Evaluation harness for prompts

The minimum infrastructure to keep prompt edits honest:

import json
from pathlib import Path
 
def evaluate_prompt(prompt: str, model: str, suite_path: Path) -> dict:
    """Run a prompt against a JSON suite of (input, expected) pairs."""
    suite = json.loads(suite_path.read_text())
    results = []
    for case in suite:
        out = call_llm(model, prompt, case["input"])
        ok_schema = validate_schema(out, case["schema"])
        ok_keys = all(k in out for k in case["required_keys"])
        ok_grounding = all(
            c["citation"] in case["context"] for c in out.get("citations", [])
        )
        results.append({
            "id": case["id"],
            "schema": ok_schema,
            "keys": ok_keys,
            "grounding": ok_grounding,
        })
    return aggregate(results)

Run on every prompt edit.

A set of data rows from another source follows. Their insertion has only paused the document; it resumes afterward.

-- ===== src/Brain/Lifetime.antt =====
-- brain_local.go of brainlocal: the life of a brain from `BuildBrain` on, in which it is shut down
-- between runs and started again.
use rmodel.Blueprint.Brainprint.{Brainprint}
use rmodel.Blueprint.Graph.{IsGraph}
use rmodel.Brain.{Brain, Chan, Event, Memory, cast_anyway_event, is_chan_len}
use rmodel.Brain.Ensures.{Safe, Safe-returned}
use rmodel.Brain.Invariant.{IsBrain}
use rmodel.Brain.Invariant.Build.{IsHarmless, ids_of}
use rmodel.Brain.Invariant.Queues.{same_chan}
use rmodel.Brain.Invariant.Start.{IsStopped, start_and_trig-IsBrain, start_and_trig-returned}
use rmodel.Brain.Life.{build_brain, start_and_trig}
use rmodel.Brain.Power.{close_chan, close_memory, on_memory, set_state, shutdown}
use rmodel.Brain.Queue.{is_shutdown, publish_event}
use rmodel.Brain.Runner.{continue_cast}
use rmodel.Brain.Step.{Step, blocked, continue_with, modify, panicked, returned, run_on}
use rmodel.Brain.System.{
  Moves, Moves-IsBrain, Reaches, System, begins, continues, ends, goes, history-IsBrain, maintains,
  remembers, stays, trigs, wakes,
}
use rmodel.Core.{brain_shutdown}
use rmodel.Errors.{Error}
use rmodel.Shared.{
  All, Bool, Bool-cases, List, Option, Option-cases, String, [], ap, inl, inr, is_some, refl, some,
  some-injective, sym, true, ◌++◌, ◌∙◌, ◌∷◌, ◌≡◌, ◌⊎◌,
}
use rmodel.Shared.Maps.{lookup}

-- Nothing waits in the channel.
abbrev IsDrained {ℓ} : {A : Type ℓ} → Option (Chan A) → Type ℓ
IsDrained {A = A} o = (c : Chan A) → o ≡ some c → c.items ≡ []

-- Nothing waits in the channels, and no processor runs. Events that sleep may be left.
abbrev pub IsIdle : {M : Type 0} → System M → Type 0
IsIdle s = IsDrained s.brain.b_queue × IsDrained s.brain.n_queue × (s.running ≡ [])

-- A turn of one of the goroutines, or a `Shutdown` by a caller while the brain is idle.
pub data Lives {M : Type 0} ⦃mem : Memory M⦄ : System M → System M → Type 0 where
  moves : {s t : System M} → Moves s t → Lives s t
  shuts :
      {s : System M} {b' : Brain M}
      → IsIdle s
      → shutdown s.brain ≡ returned tt b'
      → Lives s (record s { brain = b' })

pub data Endures {M : Type 0} ⦃mem : Memory M⦄ : System M → System M → Type 0 where
  is_built : {s : System M} → Endures s s
  lives_on : {s t u : System M} → Endures s t → Lives t u → Endures s u

-- A history without a shutdown is one of these.
pub endured : {M : Type 0} ⦃mem : Memory M⦄ {s t : System M} → Reaches s t → Endures s t
endured stays = is_built
endured (goes r m) = lives_on (endured r) (moves m)

-- The channel is not there, or is empty and closed.
abbrev IsDown {ℓ} : {A : Type ℓ} → Option (Chan A) → Type ℓ
IsDown {A = A} o = (c : Chan A) → o ≡ some c → (c.items ≡ []) × (c.is_closed ≡ true)

-- A brain that is not yet started, or that was shut down while it was idle.
pub record IsParked {M : Type 0} (ids : String → Bool) (s : System M) : Type 0 where
  pub stopped : IsStopped ids s.brain
  pub b_down : IsDown s.brain.b_queue
  pub n_down : IsDown s.brain.n_queue
  pub sized : is_chan_len s.brain.n_queue_len ≡ true
  pub nobody : s.running ≡ []

none_waits {ℓ} :
    {A : Type ℓ} (o : Option (Chan A)) (c : Chan A) (a : A) (items : List A)
    → IsDown o
    → o ≡ some c
    → c.items ≡ a ∷ items
    → ⊥
none_waits o c a items h e e' = let p = (h c e).0 in cc (p, e')

none_runs {ℓ} : {A : Type ℓ} (before after : List A) (a : A) → [] ≡ before ++ a ∷ after → ⊥
none_runs [] after a e = cc e
none_runs (x ∷ before) after a e = cc e

publish_event-stopped :
    {M : Type 0} (event : Event) (b : Brain M)
    → is_shutdown b.state ≡ true
    → publish_event event b ≡ returned tt b
unfolding publish_event
publish_event-stopped event b s = elim (Option-cases b.b_queue) [
  | inl e ↦ simp (publish_event, e) refl
  | inr (q, e) ↦ simp (publish_event, e, s) refl
]

continue_cast-stopped :
    {M : Type 0} (id : String) (b : Brain M)
    → is_shutdown b.state ≡ true
    → continue_cast id b ≡ returned tt b
unfolding continue_cast
continue_cast-stopped id b s = elim (Bool-cases (is_some (lookup id b.neurons))) [
  | inl e ↦ simp (continue_cast, e) (publish_event-stopped (cast_anyway_event id) b s)
  | inr e ↦ simp (continue_cast, e) refl
]

shutdown_down :
    {M : Type 0} ⦃mem : Memory M⦄ (b : Brain M) → IsDown b.n_queue → shutdown b ≡ panicked b
unfolding shutdown close_chan
shutdown_down b h = elim (Option-cases b.n_queue) [
  | inl e ↦ simp (shutdown, e, close_chan) refl
  | inr (c, e) ↦ let closed = (h c e).1 in simp (shutdown, e, close_chan, closed) refl
]

-- `close` of a channel in which nothing waits.
closed-IsDown {ℓ} :
    {A : Type ℓ} (o : Option (Chan A)) (c : Chan A)
    → IsDrained o
    → o ≡ some c
    → IsDown (some (record c { is_closed = true }))
closed-IsDown o c h e d e' =
    let p = some-injective (record c { is_closed = true }) d e' in
    (sym (ap (λ q. q.items) p) ∙ h c e, sym (ap (λ q. q.is_closed) p))

module _ {M : Type 0} ⦃mem : Memory M⦄ (ids : String → Bool) where
  -- An awake brain with its two channels closed.
  abbrev with_closed : Chan Event → Chan String → Brain M → M → Brain M
  with_closed bc nc b m = record b {
    memory = m;
    b_queue = some (record bc { is_closed = true });
    n_queue = some (record nc { is_closed = true });
  }

  shutdown_awake :
      (b : Brain M) (bc : Chan Event) (nc : Chan String)
      → IsBrain ids b
      → b.b_queue ≡ some bc
      → b.n_queue ≡ some nc
      → shutdown b
        ≡ continue_with
            (run_on (with_closed bc nc b) (mem.close b.memory))
            (λ _. modify (set_state brain_shutdown))
  unfolding shutdown close_chan close_memory on_memory
  shutdown_awake b bc nc w be ne =
      let bo = same_chan _ b.b_queue bc be w.b_open in
      let nopen = same_chan _ b.n_queue nc ne w.n_open in
      simp (shutdown, be, ne, bo, nopen, close_chan, close_memory, on_memory) refl

  closing-IsParked :
      (s : System M) (bc : Chan Event) (nc : Chan String) (x : Step M (Unit {0})) (b' : Brain M)
      → IsIdle s
      → IsBrain ids s.brain
      → s.brain.b_queue ≡ some bc
      → s.brain.n_queue ≡ some nc
      → continue_with
          (run_on (with_closed bc nc s.brain) x)
          (λ _. modify (set_state brain_shutdown))
        ≡ returned tt b'
      → IsParked ids (record s { brain = b' })
  unfolding set_state
  closing-IsParked s bc nc (returned u m) b' (bd, nd, e) w be ne r =
      Safe-returned (λ b. IsParked ids (record s { brain = b })) r
        (record {
          stopped = record { wired = w.wired; stopped = refl };
          b_down = closed-IsDown s.brain.b_queue bc bd be;
          n_down = closed-IsDown s.brain.n_queue nc nd ne;
          sized = w.sized;
          nobody = e;
        })
  closing-IsParked s bc nc (blocked m) b' i w be ne r = cc r
  closing-IsParked s bc nc (panicked m) b' i w be ne r = cc r

  shutdown-IsParked :
      (s : System M) (b' : Brain M)
      → IsIdle s
      → IsBrain ids s.brain
      → shutdown s.brain ≡ returned tt b'
      → IsParked ids (record s { brain = b' })
  shutdown-IsParked s b' i w r =
      let (bc, be, bo, bcap, bn) = w.b_open in
      let (nc, ne, nopen, ncap, nn) = w.n_open in
      closing-IsParked s bc nc (mem.close s.brain.memory) b' i w be ne
        (sym (shutdown_awake s.brain bc nc w be ne) ∙ r)

  -- What a brain is between its turns.
  abbrev Stands : System M → Type 0
  Stands s = IsBrain ids s.brain ⊎ IsParked ids s

  parked-Moves : {s t : System M} → Moves s t → IsParked ids s → Stands t
  parked-Moves (maintains {s} q event items e e' h r) w =
      elim (none_waits s.brain.b_queue q event items w.b_down e e') [ ]
  parked-Moves (begins {s} q id items neu e e' l r) w =
      elim (none_waits s.brain.n_queue q id items w.n_down e e') [ ]
  parked-Moves (ends {s} before after neu failure result e r) w =
      elim (none_runs before after neu (sym w.nobody ∙ e)) [ ]
  parked-Moves (remembers {s} m) w = inr (record {
    stopped = record { wired = w.stopped.wired; stopped = w.stopped.stopped };
    b_down = w.b_down;
    n_down = w.n_down;
    sized = w.sized;
    nobody = w.nobody;
  })
  parked-Moves (continues {s} id r) w = inr (
      Safe-returned (λ b. IsParked ids (record s { brain = b })) r
        (rw (continue_cast-stopped id s.brain w.stopped.stopped) w))
  parked-Moves (wakes {s} before after event e r) w = inr (
      Safe-returned (λ b. IsParked ids (record s { brain = b })) r
        (rw
          (publish_event-stopped event (record s.brain { delayed = before ++ after })
            w.stopped.stopped)
          (record {
            stopped = record { wired = w.stopped.wired; stopped = w.stopped.stopped };
            b_down = w.b_down;
            n_down = w.n_down;
            sized = w.sized;
            nobody = w.nobody;
          })))
  parked-Moves (trigs {s} ks r) w =
      inl (start_and_trig-returned ids ks s.brain _ _ (inl w.stopped) r)

  Lives-Stands : {s t : System M} → Lives s t → Stands s → Stands t
  Lives-Stands (moves m) (inl w) = inl (Moves-IsBrain ids m w)
  Lives-Stands (moves m) (inr w) = parked-Moves m w
  Lives-Stands (shuts {s} {b'} i r) (inl w) = inr (shutdown-IsParked s b' i w r)
  Lives-Stands (shuts {s} {b'} i r) (inr w) = let p = shutdown_down s.brain w.n_down in cc (p, r)

  Endures-Stands : {s t : System M} → Endures s t → Stands s → Stands t
  Endures-Stands is_built w = w
  Endures-Stands (lives_on h l) w = Lives-Stands l (Endures-Stands h w)

-- From a brain that is built from a well formed blueprint and started by triggering links, through
-- every sequence of turns of its goroutines, of calls that trigger links, and of shutdowns at
-- moments when both channels are empty and no processor runs: the brain is awake and well formed,
-- or it is stopped, with no channel that is open or holds something, and no processor at work.
-- Either way a call that triggers links, with the memory ready, does not panic: it returns or
-- blocks, with the brain awake and well formed.
pub lifetime_lem :
    {M : Type 0} ⦃mem : Memory M⦄ (id : String) (memory : M) (b : Brainprint)
    (opts : List (Brain M → Brain M)) (ks : List String) (result : Option Error) (woken : Brain M)
    (s : System M)
    → IsGraph b
    → All (IsHarmless (ids_of b)) opts
    → start_and_trig ks (build_brain id memory b opts) ≡ returned result woken
    → Endures (record { brain = woken; running = [] }) s
    → (IsBrain (ids_of b) s.brain ⊎ IsParked (ids_of b) s)
      × ((again : List String) → Safe (IsBrain (ids_of b)) (start_and_trig again s.brain))
lifetime_lem id memory b opts ks result woken s g h r e =
    let (w, rounds) = history-IsBrain id memory b opts ks result woken _ g h r stays in
    let v = Endures-Stands (ids_of b) e (inl w) in
    (v, λ again. start_and_trig-IsBrain (ids_of b) again s.brain (fitting v) (stopped_or v))
  where
    fitting :
        IsBrain (ids_of b) s.brain ⊎ IsParked (ids_of b) s → is_chan_len s.brain.n_queue_len ≡ true
    fitting (inl w) = w.sized
    fitting (inr w) = w.sized

    stopped_or :
        IsBrain (ids_of b) s.brain ⊎ IsParked (ids_of b) s
        → IsStopped (ids_of b) s.brain ⊎ IsBrain (ids_of b) s.brain
    stopped_or (inl w) = inr w
    stopped_or (inr w) = inl w.stopped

Block merge if any test regresses.

Where prompt-craft ends

These patterns get you a long way — usually to the point where prompting alone is no longer the bottleneck. Past that point the gain comes from fine-tuning (Section 7-03 / Chapter 9), better retrieval (Section 7-02), or stronger models (Section 7-04). But deciding where to invest depends on knowing how good prompting alone gets, and the patterns here are how to find that ceiling honestly.